Ultra-deep imaging of small parts of the sky has revealed many populations of distant galaxies, providing insight into the early stages of galaxy evolution. Spectroscopic follow-up has mostly ...targeted galaxies with strong emission lines at z > 2 or concentrated on galaxies at z < 1. The populations of both quiescent and actively star-forming galaxies at 1 < z < 2 are still under-represented in our general census of galaxies throughout the history of the Universe. In the light of galaxy formation models, however, the evolution of galaxies at these redshifts is of pivotal importance and merits further investigation.

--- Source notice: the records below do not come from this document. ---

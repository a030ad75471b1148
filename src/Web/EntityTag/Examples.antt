-- ===== src/Web/EntityTag/Examples.antt =====
-- The hash is the length, and the client has the tag of two bytes.
use goddd.Common.Text.{codes, Bytes}
use goddd.Web.EntityTag.{Request, etag_of, Answer}
use goddd.Common.{◌≡◌, length, [], ◌∷◌, none, refl}

abbrev by_length : Bytes → Bytes
by_length s = length s ∷ []

abbrev again : Request
again = record { method = codes "GET"; if_none_match = 34 ∷ 2 ∷ 34 ∷ [] }

abbrev unsent : Answer
unsent = record { headers = []; status = none; sent = [] }

tag : again.if_none_match ≡ etag_of by_length (codes "ab")
unfolding etag_of
tag = refl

In addition, photometry provides only limited clues about the nature and evolutionary status of these galaxies.We therefore designed a spectroscopic observing campaign of a sample of both massive, quiescent and star-forming galaxies z > 1.4. In combination with existing and on-going additional observations in CDFS/GOODS, this data set provides a legacy for future studies of distant galaxies.